**Exercise details:**
From the first line of the entries below to the line with "unfoldable pub dec_metadata : Bool", give each line again exactly.

------ Supplied records

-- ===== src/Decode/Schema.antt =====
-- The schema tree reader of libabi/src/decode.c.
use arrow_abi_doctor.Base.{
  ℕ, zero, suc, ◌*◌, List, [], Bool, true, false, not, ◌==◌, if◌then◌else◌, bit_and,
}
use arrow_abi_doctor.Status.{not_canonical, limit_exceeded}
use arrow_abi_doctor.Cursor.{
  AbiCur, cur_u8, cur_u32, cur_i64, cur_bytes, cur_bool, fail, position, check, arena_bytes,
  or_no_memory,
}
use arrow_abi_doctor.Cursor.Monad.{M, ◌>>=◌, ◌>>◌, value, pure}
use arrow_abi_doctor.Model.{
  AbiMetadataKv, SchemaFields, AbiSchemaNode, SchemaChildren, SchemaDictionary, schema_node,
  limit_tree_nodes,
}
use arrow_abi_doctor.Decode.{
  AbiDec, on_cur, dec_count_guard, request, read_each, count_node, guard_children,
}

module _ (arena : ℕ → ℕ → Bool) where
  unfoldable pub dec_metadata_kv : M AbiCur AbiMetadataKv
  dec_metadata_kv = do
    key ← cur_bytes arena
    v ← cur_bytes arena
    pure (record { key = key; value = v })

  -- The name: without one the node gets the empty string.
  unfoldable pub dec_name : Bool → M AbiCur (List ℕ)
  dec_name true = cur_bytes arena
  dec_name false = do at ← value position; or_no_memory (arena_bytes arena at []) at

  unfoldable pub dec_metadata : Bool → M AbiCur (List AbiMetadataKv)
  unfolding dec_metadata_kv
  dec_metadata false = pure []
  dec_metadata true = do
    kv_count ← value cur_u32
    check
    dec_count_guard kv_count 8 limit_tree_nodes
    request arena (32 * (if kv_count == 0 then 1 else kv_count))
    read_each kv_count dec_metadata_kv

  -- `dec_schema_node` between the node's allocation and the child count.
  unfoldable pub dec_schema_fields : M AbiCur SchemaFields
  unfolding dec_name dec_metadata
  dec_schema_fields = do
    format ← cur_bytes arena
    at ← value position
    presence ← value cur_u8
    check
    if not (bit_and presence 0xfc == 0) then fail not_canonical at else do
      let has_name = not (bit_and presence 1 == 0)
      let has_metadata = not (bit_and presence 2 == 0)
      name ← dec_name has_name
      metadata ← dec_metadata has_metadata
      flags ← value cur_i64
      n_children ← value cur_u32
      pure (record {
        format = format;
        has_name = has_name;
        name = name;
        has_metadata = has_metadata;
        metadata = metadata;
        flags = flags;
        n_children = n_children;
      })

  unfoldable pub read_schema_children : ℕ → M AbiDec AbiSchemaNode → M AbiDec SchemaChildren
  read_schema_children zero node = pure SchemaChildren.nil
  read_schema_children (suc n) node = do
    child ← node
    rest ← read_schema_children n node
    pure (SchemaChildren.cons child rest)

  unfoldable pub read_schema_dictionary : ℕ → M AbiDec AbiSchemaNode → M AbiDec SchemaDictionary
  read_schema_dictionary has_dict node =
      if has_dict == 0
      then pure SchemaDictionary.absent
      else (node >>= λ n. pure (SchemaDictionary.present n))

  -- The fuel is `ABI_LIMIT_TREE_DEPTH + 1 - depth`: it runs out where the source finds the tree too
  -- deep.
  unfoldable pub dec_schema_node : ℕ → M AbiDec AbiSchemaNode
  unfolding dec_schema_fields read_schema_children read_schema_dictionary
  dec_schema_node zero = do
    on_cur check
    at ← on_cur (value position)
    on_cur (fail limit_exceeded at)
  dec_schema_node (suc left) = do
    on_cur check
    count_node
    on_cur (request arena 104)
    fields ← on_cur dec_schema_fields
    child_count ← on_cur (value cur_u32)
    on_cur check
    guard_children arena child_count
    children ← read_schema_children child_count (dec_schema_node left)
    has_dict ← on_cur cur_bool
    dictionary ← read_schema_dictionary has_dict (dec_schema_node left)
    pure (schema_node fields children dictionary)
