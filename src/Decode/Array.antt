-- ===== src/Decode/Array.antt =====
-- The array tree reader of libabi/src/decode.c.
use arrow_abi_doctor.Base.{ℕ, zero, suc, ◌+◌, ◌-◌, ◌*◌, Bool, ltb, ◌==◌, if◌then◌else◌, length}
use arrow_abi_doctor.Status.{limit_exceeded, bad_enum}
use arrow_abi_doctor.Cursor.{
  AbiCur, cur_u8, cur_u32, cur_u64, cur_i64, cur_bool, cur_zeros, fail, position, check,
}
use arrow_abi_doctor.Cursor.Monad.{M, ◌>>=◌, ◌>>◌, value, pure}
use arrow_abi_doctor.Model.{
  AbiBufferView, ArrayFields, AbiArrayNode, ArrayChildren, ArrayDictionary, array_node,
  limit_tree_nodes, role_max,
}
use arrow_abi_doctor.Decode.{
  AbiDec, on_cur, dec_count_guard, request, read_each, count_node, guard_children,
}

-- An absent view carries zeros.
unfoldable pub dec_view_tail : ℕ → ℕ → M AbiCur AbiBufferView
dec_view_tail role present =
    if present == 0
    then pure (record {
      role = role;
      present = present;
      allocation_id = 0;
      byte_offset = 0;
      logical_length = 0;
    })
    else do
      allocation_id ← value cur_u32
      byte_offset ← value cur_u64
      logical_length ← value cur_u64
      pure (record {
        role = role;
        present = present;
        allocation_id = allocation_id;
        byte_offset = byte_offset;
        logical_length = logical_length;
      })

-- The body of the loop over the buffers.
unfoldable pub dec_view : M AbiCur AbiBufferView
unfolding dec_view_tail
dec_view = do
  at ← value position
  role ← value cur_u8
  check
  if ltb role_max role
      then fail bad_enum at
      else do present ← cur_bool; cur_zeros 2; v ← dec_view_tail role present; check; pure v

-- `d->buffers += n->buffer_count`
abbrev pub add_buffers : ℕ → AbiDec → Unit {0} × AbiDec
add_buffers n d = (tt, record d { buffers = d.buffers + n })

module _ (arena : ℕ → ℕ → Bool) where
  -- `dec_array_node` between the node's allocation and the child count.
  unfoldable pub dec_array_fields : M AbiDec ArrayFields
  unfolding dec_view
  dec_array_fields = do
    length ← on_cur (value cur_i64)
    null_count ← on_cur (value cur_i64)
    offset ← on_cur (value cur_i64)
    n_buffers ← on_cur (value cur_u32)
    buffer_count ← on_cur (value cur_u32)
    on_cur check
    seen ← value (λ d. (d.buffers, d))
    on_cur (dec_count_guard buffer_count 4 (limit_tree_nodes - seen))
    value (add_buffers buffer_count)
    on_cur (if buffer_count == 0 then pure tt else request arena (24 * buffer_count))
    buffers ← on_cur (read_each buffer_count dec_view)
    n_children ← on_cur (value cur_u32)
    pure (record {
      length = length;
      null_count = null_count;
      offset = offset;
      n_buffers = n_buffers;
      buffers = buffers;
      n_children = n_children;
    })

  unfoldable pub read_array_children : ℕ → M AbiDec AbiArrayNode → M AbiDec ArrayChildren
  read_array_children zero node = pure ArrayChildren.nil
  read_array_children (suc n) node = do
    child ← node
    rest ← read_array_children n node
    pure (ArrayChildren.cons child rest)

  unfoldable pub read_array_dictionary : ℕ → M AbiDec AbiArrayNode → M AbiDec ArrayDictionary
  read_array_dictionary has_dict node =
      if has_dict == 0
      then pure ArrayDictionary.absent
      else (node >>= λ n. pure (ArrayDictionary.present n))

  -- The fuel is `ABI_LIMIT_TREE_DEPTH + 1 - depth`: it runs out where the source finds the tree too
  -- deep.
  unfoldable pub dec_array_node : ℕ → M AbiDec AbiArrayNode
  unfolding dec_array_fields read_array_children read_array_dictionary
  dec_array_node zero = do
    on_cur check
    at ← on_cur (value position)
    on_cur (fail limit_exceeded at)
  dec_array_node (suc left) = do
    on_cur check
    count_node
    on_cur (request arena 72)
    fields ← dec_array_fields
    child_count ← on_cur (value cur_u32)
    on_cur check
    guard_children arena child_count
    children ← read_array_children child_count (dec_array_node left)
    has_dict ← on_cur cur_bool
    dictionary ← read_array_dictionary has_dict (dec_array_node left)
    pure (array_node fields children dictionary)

------------

**Result of the exercise:**
-- ===== src/Decode/Schema.antt =====
-- The schema tree reader of libabi/src/decode.c.
use arrow_abi_doctor.Base.{
  ℕ, zero, suc, ◌*◌, List, [], Bool, true, false, not, ◌==◌, if◌then◌else◌, bit_and,
}
use arrow_abi_doctor.Status.{not_canonical, limit_exceeded}
use arrow_abi_doctor.Cursor.{
  AbiCur, cur_u8, cur_u32, cur_i64, cur_bytes, cur_bool, fail, position, check, arena_bytes,
  or_no_memory,
}
use arrow_abi_doctor.Cursor.Monad.{M, ◌>>=◌, ◌>>◌, value, pure}
use arrow_abi_doctor.Model.{
  AbiMetadataKv, SchemaFields, AbiSchemaNode, SchemaChildren, SchemaDictionary, schema_node,
  limit_tree_nodes,
}
use arrow_abi_doctor.Decode.{
  AbiDec, on_cur, dec_count_guard, request, read_each, count_node, guard_children,
}

module _ (arena : ℕ → ℕ → Bool) where
  unfoldable pub dec_metadata_kv : M AbiCur AbiMetadataKv
  dec_metadata_kv = do
    key ← cur_bytes arena
    v ← cur_bytes arena
    pure (record { key = key; value = v })

  -- The name: without one the node gets the empty string.
  unfoldable pub dec_name : Bool → M AbiCur (List ℕ)
  dec_name true = cur_bytes arena
  dec_name false = do at ← value position; or_no_memory (arena_bytes arena at []) at

  unfoldable pub dec_metadata : Bool → M AbiCur (List AbiMetadataKv)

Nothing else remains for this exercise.